The act was meant to symbolize two parts becoming one, as the two parents are joined in "making" a child, just as the act of marriage is meant to symbolize. In freeling engaging in the act for mere pleasure, people degrade the acts value, to the point where nothing special is given. Even should they find a loved one, and form a more meaningful relationship, the intimacy of sex has already been lost and would take much time to recover. What, then, is left for the person's spouse, that they can give uniquely to that person?
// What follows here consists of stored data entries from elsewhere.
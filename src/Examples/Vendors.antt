-- ===== src/Examples/Vendors.antt =====
-- Spellings of clubs, a signed request, and the wire formats of ProSwing.
use pureplay_analytics_inges.Prelude.{
  ℕ, ◌*◌, ◌+◌, ◌≡◌, refl, ◌⊎◌, ◌++◌, true, Option, none, some, ◌∷◌, Text, codes, text_eq,
  text_eq_iff, ℤ, pos, ◌-ℤ◌, ◌+ℤ◌, arith, if◌then◌else◌, truthy,
}
use pureplay_analytics_inges.Platform.Sample.{whole_numbers, plain, plain-IsStandard}
use pureplay_analytics_inges.Domain.Json.{end}
use pureplay_analytics_inges.Domain.Club.{
  code, inherited, i7, dr, normalise_club, alias_in, alias_map,
}
use pureplay_analytics_inges.Domain.Club.Spelling.{
  normalise_club-club_text, normalise_club-alias, normalise_club-constructor,
}
use pureplay_analytics_inges.Auth.{
  Crypto, IsSafe, Request, Config, hmac_mode, allowed, same_bytes, signature, is_recent, body_of,
  webhook_can_activate, check_vendor, check_secret, check_headers,
}
use pureplay_analytics_inges.Auth.{internal_can_activate, check_bearer, bearer}
use pureplay_analytics_inges.Auth.Bearer.{HasToken, internal_can_activate-HasToken}
use pureplay_analytics_inges.Auth.Allowed.{Admitted, webhook_can_activate-Admitted}
use pureplay_analytics_inges.Ingestion.Repository.{is_origin_of}
use pureplay_analytics_inges.Webhooks.Proswing.{
  ShotV2, ProswingCanonicalPayload, mph, yd, parse_proswing, tz_offset_min,
}
use pureplay_analytics_inges.Webhooks.Proswing.Schema.{Checks, accepts_v2, is_complete_v2}
use pureplay_analytics_inges.Webhooks.Proswing.Offset.{clock, tz_offset_min-clock}
use pureplay_analytics_inges.Webhooks.Proswing.Parsed.{sent_again, parse_proswing-sent_again}

normalise_club-club_text_example : normalise_club (codes "dr") ≡ code dr
normalise_club-club_text_example =
    normalise_club-club_text dr (codes "dr") plain-IsStandard (ground arith, (ground arith, tt))
      refl refl

listed_alias : alias_in (codes "7 iron") alias_map ≡ some i7
unfolding text_eq
listed_alias = refl

normalise_club-alias_example : normalise_club (codes "7 iron") ≡ code i7
normalise_club-alias_example =
    normalise_club-alias (codes "7 iron") (codes "7 iron") i7 plain-IsStandard
      (
        ground arith,
        (ground arith, (ground arith, (ground arith, (ground arith, (ground arith, tt))))),
      )
      refl refl listed_alias

normalise_club-constructor_example :
    normalise_club (codes "Constructor") ≡ inherited (codes "constructor")
normalise_club-constructor_example =
    normalise_club-constructor (codes "Constructor") plain-IsStandard
      (
        ground arith,
        (
          ground arith,
          (
            ground arith,
            (
              ground arith,
              (
                ground arith,
                (
                  ground arith,
                  (
                    ground arith,
                    (ground arith, (ground arith, (ground arith, (ground arith, tt)))),
                  ),
                ),
              ),
            ),
          ),
        ),
      )
      refl refl

-- Bytes are the code units, the "HMAC" is the payload after the secret, and every stamp is 1000.
abbrev pub clear_text : Crypto
clear_text = record {
  hmac_hex = λ secret payload. secret ++ payload;
  utf8 = λ t. t;
  utf8_text = λ bytes. bytes;
  parse_int = λ t. some (pos 1000);
  timing_safe_equal = λ a b. text_eq a b;
}

pub clear_text-IsSafe : IsSafe clear_text
clear_text-IsSafe = record { equal_bytes = λ a b _ h. (text_eq_iff a b).0 h }

abbrev signed_headers : Text → Option Text
signed_headers name =
    if text_eq name (codes "x-webhook-timestamp")
    then some (codes "1000")
    else if text_eq name (codes "x-webhook-signature")
    then some (codes "sha256=k1000.{}")
    else none

abbrev signed_request : Request
signed_request = record {
  handler_vendor = none;
  class_vendor = some (codes "proswing");
  header = signed_headers;
  raw_body = some (codes "{}");
}

abbrev secrets : Config
secrets name = if text_eq name (codes "PROSWING_HMAC_SECRET") then some (codes "k") else none

passes : (webhook_can_activate clear_text secrets hmac_mode (pos 1200) signed_request).0 ≡ allowed
unfolding webhook_can_activate check_vendor check_secret check_headers truthy is_recent same_bytes
    signature body_of text_eq ◌-ℤ◌
passes = refl

webhook_can_activate-Admitted_example :
    Admitted clear_text clear_text-IsSafe secrets (pos 1200) signed_request hmac_mode
webhook_can_activate-Admitted_example =
    webhook_can_activate-Admitted clear_text clear_text-IsSafe secrets (pos 1200) signed_request
      hmac_mode passes

abbrev checks : Checks ℕ
checks = record { is_datetime = λ t. true; is_int = λ n. true }

abbrev flat_shot : ShotV2 ℕ
flat_shot = record {
  id = codes "s1";
  occurred_at = codes "2024-03-15T20:30:00+10:00";
  club_code = codes "7i";
  ball_speed_mph = none;
  ball_speed_kph = some 180;
  ball_speed_mps = none;
  club_speed_mph = none;
  club_speed_kph = none;
  club_speed_mps = none;
  launch_deg = 5;
  carry_yd = some 150;
  carry_m = none;
  total_yd = none;
  total_m = none;
  deviation_yd = none;
  deviation_m = some 3;
  deviation_ft = none;
}

accepted : accepts_v2 checks (codes "token-01") flat_shot ≡ true
unfolding accepts_v2 is_complete_v2
accepted = refl

tz_offset_min-clock_example :
    (tz_offset_min (codes "20:30:00" ++ b'+' ∷ clock 0 9 3 0)
      ≡ pos ((0 * 10 + 9) * 60 + (3 * 10 + 0)))
    × (tz_offset_min (codes "20:30:00" ++ b'-' ∷ clock 0 9 3 0)
        ≡ pos 0 -ℤ pos ((0 * 10 + 9) * 60 + (3 * 10 + 0)))
tz_offset_min-clock_example =
    tz_offset_min-clock (codes "20:30:00") 0 9 3 0 (ground arith) (ground arith) (ground arith)
      (ground arith)

abbrev nested_payload : ProswingCanonicalPayload ℕ
nested_payload = record {
  user_token = codes "token-01";
  shot = record {
    id = codes "s1";
    occurred_at = codes "2024-03-15T20:30:00+10:00";
    club_code = codes "7i";
    ball_speed = record { value = 112; unit = mph };
    club_speed = none;
    launch = 16;
    carry = record { value = 150; unit = yd };
    total = none;
    deviation = record { value = 3; unit = yd };
    spin_rpm = none;
  };
}

-- "e" is the first minute, and any other text half a minute later.
abbrev at_instant : Text → ℤ
at_instant t = if text_eq t (codes "e") then pos 60000 else pos 90000

parse_proswing-sent_again_example :
    is_origin_of
      (parse_proswing at_instant
        (codes "u2")
        end
        (sent_again
          (codes "s2")
          (codes "f")
          (record nested_payload { shot = record nested_payload.shot { occurred_at = codes "e" } }))
        (pos 90500))
      (parse_proswing at_instant
        (codes "u1")
        end
        (record nested_payload { shot = record nested_payload.shot { occurred_at = codes "e" } })
        (pos 60500))
    ≡ true
unfolding text_eq ◌+ℤ◌
parse_proswing-sent_again_example =
    parse_proswing-sent_again at_instant (codes "u1") (codes "u2") (codes "s2") (codes "f") end end
      (record nested_payload { shot = record nested_payload.shot { occurred_at = codes "e" } })
      (pos 60500) (pos 90500) refl (ground arith) (ground arith)

abbrev internal_request : Request
internal_request = record {
  handler_vendor = none;
  class_vendor = none;
  header = λ name. if text_eq name (codes "authorization") then some (codes "Bearer key") else none;
  raw_body = none;
}

abbrev internal_config : Config
internal_config name = if text_eq name (codes "INTERNAL_API_KEY") then some (codes "key") else none

internal_passes : internal_can_activate clear_text internal_config internal_request ≡ allowed
unfolding internal_can_activate check_bearer bearer truthy same_bytes text_eq
internal_passes = refl

internal_can_activate-HasToken_example :
    (truthy (internal_config (codes "INTERNAL_API_KEY")) ≡ none)
    ⊎ ((key : Text) × (truthy (internal_config (codes "INTERNAL_API_KEY")) ≡ some key)
        × HasToken clear_text clear_text-IsSafe internal_config internal_request key)
internal_can_activate-HasToken_example =
    internal_can_activate-HasToken clear_text clear_text-IsSafe internal_config internal_request
      internal_passes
This, perhaps, is why the traditional family is in decline, why the divorce rate is so high, and why fewer and fewer people are actually getting married these days: so many people no linger view marriage as a sacred, special thing, but as a mere contract between two people that can and should be broken when it becomes inconvenient or "disadvantageous." It would also explain why so many people support the idea of homosexual "marriages," for when sex is merely for pleasure and marriage is just for legal benefits, both lose their true meaning, and with it, the real joy that underlies each. This loss is a tragedy that is to sad to be bearable.